Look through the lines below and extract each one that contains "mars".

Available data Start Marker

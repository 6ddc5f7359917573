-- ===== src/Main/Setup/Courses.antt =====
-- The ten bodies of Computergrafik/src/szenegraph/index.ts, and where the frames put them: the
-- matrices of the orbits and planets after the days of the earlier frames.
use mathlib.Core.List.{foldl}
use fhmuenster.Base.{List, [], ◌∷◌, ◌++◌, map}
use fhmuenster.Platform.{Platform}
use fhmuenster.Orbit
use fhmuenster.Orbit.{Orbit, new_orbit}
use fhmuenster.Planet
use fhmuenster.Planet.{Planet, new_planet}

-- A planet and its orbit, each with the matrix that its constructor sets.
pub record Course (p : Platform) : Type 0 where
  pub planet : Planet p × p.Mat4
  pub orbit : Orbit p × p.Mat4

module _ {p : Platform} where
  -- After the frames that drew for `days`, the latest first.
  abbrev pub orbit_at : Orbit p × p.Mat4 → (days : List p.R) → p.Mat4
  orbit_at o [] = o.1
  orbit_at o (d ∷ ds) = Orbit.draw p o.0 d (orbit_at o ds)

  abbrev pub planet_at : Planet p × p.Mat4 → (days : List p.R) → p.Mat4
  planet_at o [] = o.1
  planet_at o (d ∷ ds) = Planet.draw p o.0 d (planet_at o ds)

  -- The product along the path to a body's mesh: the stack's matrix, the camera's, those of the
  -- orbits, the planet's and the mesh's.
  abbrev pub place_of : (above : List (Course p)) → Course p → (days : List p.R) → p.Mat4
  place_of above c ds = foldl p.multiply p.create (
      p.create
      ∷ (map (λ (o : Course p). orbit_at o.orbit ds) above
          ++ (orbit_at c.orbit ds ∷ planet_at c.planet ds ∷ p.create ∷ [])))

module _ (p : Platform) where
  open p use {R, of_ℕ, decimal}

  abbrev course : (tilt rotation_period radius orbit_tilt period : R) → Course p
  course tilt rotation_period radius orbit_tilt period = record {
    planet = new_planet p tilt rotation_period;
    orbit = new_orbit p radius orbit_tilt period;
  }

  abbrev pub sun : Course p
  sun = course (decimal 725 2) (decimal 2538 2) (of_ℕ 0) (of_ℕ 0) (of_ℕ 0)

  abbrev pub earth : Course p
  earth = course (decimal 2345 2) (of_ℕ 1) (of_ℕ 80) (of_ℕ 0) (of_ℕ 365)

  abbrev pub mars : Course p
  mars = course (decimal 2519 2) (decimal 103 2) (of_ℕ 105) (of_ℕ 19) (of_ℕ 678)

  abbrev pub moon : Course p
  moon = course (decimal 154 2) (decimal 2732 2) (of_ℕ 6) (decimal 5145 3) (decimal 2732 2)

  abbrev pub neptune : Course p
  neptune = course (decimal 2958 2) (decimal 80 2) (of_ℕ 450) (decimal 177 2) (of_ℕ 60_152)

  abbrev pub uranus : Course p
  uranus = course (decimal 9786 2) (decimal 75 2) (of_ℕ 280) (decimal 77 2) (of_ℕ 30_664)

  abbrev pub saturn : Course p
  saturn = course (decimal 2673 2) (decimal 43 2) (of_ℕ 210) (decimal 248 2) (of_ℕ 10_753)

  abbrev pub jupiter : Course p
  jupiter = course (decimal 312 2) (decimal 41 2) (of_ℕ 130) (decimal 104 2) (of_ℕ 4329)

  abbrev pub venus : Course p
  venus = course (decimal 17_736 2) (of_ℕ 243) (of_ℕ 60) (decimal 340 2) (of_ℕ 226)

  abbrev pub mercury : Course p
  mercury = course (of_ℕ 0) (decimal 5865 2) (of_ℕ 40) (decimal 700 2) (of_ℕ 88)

Available data End Marker

## Exercise response
  abbrev pub mars : Course p
  mars = course (decimal 2519 2) (decimal 103 2) (of_ℕ 105) (of_ℕ 19) (of_ℕ 678)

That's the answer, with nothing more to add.